═════ DATA FOR REVIEW

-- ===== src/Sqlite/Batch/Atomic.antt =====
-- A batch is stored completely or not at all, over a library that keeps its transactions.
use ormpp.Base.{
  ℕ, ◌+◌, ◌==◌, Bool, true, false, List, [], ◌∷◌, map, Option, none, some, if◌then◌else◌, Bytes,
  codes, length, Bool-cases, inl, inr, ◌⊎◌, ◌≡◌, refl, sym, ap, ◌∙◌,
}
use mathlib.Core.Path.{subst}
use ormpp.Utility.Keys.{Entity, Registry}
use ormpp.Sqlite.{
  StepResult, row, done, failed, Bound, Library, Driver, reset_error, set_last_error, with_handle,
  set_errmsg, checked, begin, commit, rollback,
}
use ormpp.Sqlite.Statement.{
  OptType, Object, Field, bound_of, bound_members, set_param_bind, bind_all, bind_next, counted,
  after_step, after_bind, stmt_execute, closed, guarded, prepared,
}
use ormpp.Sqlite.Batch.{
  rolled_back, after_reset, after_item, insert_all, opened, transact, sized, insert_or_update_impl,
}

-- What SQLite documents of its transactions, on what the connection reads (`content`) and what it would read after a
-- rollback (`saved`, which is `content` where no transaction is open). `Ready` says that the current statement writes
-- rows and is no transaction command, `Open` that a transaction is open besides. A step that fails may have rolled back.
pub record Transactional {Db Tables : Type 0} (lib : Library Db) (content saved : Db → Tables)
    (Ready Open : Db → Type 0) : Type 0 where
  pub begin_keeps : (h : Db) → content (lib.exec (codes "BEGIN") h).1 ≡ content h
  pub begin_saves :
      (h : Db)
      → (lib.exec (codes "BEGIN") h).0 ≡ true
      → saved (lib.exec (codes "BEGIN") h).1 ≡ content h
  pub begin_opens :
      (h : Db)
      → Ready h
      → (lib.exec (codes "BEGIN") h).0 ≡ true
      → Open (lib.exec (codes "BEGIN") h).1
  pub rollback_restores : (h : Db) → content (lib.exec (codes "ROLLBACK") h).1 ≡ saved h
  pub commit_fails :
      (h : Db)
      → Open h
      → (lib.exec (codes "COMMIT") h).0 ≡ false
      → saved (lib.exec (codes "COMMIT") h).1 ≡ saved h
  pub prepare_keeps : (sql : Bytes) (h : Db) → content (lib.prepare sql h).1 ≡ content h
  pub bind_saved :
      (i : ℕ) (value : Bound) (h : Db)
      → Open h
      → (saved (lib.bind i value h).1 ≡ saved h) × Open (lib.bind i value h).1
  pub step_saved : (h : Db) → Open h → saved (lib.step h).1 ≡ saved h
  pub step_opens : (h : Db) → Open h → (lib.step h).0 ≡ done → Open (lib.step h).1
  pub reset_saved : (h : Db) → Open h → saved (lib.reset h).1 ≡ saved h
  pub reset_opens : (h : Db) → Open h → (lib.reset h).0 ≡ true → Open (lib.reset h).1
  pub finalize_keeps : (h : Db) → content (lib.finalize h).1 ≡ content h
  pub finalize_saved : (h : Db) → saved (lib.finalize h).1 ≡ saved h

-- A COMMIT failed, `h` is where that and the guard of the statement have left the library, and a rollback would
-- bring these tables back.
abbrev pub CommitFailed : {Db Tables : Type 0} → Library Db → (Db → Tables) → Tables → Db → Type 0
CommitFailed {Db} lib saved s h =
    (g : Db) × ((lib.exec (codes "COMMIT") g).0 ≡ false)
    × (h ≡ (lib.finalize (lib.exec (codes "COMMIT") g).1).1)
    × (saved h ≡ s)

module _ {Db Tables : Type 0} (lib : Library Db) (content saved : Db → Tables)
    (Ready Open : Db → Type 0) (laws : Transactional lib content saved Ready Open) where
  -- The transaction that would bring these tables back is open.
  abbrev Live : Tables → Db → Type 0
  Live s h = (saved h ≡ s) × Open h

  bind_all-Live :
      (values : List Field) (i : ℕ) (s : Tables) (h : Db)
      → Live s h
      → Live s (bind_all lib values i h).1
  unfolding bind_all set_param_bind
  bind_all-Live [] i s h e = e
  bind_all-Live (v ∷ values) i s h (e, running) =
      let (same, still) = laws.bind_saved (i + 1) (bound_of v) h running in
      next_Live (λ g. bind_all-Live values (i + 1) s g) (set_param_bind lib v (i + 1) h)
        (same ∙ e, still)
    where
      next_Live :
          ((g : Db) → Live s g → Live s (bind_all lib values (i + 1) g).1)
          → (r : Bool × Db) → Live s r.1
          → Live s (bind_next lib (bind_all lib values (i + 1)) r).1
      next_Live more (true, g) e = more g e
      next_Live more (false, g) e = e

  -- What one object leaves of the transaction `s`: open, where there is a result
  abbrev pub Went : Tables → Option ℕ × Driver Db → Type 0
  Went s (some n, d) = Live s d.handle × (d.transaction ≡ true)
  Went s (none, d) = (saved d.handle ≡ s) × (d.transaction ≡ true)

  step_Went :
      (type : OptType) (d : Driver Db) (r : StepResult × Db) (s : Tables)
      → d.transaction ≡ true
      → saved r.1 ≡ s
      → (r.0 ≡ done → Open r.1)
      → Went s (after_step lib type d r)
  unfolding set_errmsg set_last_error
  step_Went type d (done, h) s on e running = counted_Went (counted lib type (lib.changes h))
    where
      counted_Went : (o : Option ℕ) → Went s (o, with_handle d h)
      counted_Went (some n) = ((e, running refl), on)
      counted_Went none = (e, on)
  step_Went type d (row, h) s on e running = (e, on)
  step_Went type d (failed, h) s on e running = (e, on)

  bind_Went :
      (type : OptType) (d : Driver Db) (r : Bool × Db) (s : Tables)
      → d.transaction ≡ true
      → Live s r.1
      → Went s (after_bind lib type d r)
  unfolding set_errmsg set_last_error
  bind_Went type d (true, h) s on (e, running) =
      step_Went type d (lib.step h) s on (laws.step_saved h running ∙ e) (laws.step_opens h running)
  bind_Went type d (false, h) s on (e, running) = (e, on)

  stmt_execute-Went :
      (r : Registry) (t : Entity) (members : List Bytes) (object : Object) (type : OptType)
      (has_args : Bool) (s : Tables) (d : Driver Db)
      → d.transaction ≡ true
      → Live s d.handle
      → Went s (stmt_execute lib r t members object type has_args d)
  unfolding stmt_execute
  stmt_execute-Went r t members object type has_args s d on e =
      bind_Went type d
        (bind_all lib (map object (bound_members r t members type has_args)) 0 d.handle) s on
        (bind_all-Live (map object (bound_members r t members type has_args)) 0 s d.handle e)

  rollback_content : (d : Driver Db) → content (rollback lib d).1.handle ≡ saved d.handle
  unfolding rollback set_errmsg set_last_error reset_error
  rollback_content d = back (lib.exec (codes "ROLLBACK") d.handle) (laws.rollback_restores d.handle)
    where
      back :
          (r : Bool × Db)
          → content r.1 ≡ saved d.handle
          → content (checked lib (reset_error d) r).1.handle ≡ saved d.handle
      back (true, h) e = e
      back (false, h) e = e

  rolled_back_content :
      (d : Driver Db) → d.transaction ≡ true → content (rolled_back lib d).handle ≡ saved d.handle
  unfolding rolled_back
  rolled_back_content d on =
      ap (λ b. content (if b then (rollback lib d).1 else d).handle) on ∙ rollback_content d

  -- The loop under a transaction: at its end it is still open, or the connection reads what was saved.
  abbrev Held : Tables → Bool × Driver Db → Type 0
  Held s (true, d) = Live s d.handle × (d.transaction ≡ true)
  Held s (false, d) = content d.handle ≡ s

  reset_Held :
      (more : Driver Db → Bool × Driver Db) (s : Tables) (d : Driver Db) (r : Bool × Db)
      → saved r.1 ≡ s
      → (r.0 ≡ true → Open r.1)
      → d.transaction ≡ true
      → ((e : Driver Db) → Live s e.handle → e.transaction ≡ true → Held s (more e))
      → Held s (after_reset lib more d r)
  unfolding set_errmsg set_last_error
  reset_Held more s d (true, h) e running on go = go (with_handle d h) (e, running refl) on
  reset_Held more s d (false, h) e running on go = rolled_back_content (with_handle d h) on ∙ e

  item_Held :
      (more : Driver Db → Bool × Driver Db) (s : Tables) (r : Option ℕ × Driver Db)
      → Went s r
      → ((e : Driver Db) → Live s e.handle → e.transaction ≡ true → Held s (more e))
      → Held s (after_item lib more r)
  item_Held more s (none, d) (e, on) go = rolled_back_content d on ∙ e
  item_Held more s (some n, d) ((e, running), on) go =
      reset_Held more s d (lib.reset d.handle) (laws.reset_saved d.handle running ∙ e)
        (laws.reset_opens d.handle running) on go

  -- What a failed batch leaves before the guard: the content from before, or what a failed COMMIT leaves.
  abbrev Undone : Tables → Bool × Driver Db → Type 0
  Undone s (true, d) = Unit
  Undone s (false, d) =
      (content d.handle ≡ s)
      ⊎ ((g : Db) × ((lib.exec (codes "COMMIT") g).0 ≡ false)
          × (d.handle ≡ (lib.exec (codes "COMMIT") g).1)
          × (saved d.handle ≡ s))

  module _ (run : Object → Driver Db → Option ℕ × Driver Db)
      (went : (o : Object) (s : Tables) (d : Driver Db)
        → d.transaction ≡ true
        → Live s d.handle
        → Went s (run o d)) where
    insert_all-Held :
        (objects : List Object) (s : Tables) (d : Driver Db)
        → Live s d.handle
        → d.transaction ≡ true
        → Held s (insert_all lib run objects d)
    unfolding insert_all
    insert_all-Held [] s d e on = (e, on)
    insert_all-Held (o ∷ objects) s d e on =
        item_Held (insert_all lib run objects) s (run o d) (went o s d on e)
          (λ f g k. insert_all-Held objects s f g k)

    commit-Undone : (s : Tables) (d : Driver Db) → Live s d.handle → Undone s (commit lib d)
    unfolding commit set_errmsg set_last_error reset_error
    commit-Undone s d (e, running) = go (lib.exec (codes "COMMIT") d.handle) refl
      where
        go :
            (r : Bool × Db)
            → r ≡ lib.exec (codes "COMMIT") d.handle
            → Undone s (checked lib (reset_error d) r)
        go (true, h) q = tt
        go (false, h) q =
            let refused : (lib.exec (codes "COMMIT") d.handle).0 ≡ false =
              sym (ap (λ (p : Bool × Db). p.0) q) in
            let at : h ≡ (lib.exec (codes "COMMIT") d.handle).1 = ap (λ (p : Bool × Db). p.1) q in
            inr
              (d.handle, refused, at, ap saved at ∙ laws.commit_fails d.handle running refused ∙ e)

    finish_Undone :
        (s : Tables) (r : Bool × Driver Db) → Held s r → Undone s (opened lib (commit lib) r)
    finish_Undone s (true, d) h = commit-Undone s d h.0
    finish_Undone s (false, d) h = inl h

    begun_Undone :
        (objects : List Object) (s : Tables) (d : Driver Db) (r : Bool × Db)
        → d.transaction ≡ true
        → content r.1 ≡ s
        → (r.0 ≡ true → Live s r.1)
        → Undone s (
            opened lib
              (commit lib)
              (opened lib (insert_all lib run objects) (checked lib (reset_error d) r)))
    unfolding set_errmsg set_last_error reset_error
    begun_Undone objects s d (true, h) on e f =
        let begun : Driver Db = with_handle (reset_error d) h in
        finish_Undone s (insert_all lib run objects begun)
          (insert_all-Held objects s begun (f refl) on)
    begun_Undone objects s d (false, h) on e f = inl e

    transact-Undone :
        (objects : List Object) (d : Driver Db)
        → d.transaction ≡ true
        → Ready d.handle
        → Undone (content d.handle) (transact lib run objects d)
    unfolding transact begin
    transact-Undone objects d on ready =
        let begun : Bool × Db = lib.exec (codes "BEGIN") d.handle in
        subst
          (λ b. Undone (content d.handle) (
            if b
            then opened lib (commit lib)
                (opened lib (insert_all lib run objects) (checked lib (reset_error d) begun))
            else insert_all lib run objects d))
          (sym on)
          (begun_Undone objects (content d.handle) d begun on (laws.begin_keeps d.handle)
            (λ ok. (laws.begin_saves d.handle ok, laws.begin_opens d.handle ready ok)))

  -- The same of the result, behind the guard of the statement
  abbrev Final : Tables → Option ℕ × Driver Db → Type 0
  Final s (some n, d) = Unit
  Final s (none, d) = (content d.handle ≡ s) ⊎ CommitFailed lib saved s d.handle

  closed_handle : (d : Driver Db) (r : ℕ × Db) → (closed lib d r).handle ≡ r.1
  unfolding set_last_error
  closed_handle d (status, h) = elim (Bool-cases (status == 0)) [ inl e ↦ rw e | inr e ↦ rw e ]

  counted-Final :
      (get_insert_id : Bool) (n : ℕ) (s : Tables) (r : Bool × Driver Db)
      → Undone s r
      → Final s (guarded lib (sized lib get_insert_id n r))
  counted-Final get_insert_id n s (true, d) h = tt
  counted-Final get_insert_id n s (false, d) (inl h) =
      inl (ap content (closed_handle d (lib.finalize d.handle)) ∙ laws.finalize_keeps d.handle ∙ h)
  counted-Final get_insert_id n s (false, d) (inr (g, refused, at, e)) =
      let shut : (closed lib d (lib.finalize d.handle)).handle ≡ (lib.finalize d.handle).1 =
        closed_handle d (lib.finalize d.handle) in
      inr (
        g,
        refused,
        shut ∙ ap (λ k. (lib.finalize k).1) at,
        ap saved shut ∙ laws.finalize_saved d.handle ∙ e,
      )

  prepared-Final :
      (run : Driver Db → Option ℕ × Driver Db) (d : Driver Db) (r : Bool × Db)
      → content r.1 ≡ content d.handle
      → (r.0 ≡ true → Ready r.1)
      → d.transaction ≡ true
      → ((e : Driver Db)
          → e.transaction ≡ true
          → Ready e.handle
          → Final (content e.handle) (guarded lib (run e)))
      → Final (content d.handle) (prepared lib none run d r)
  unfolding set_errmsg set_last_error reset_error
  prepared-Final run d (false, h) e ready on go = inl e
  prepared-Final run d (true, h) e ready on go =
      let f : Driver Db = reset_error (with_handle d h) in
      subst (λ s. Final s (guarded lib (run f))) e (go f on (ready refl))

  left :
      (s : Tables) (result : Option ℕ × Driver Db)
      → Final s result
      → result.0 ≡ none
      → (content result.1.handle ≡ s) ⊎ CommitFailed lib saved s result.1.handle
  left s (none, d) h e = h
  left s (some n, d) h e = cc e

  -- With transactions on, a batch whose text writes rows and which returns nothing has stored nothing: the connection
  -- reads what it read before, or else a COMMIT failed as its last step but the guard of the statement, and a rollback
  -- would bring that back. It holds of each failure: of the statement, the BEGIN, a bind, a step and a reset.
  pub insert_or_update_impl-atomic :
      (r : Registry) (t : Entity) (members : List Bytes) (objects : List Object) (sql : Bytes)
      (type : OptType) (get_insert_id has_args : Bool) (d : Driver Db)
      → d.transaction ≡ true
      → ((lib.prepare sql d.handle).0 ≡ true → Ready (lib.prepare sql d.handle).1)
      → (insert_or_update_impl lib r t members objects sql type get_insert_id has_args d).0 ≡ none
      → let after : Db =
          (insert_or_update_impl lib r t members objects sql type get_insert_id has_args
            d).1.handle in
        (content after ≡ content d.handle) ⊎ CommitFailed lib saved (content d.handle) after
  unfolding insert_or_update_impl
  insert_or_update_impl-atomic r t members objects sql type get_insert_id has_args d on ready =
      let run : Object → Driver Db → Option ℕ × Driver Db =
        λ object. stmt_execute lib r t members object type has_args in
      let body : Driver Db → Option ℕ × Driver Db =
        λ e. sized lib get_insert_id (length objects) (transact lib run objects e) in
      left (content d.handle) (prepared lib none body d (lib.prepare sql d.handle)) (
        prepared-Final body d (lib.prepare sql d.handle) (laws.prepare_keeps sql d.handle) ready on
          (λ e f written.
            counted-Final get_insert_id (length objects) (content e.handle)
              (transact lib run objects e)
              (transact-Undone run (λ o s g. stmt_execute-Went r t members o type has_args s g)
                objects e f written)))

══════════

With the line that has "pub prepare_keeps : (sql" as the first and the line that has "-- A COMMIT" as the last, repeat exactly that run of lines above and no more.

  pub prepare_keeps : (sql : Bytes) (h : Db) → content (lib.prepare sql h).1 ≡ content h
  pub bind_saved :
      (i : ℕ) (value : Bound) (h : Db)
      → Open h
      → (saved (lib.bind i value h).1 ≡ saved h) × Open (lib.bind i value h).1
  pub step_saved : (h : Db) → Open h → saved (lib.step h).1 ≡ saved h
  pub step_opens : (h : Db) → Open h → (lib.step h).0 ≡ done → Open (lib.step h).1
  pub reset_saved : (h : Db) → Open h → saved (lib.reset h).1 ≡ saved h
  pub reset_opens : (h : Db) → Open h → (lib.reset h).0 ≡ true → Open (lib.reset h).1
  pub finalize_keeps : (h : Db) → content (lib.finalize h).1 ≡ content h
  pub finalize_saved : (h : Db) → saved (lib.finalize h).1 ≡ saved h

-- A COMMIT failed, `h` is where that and the guard of the statement have left the library, and a rollback would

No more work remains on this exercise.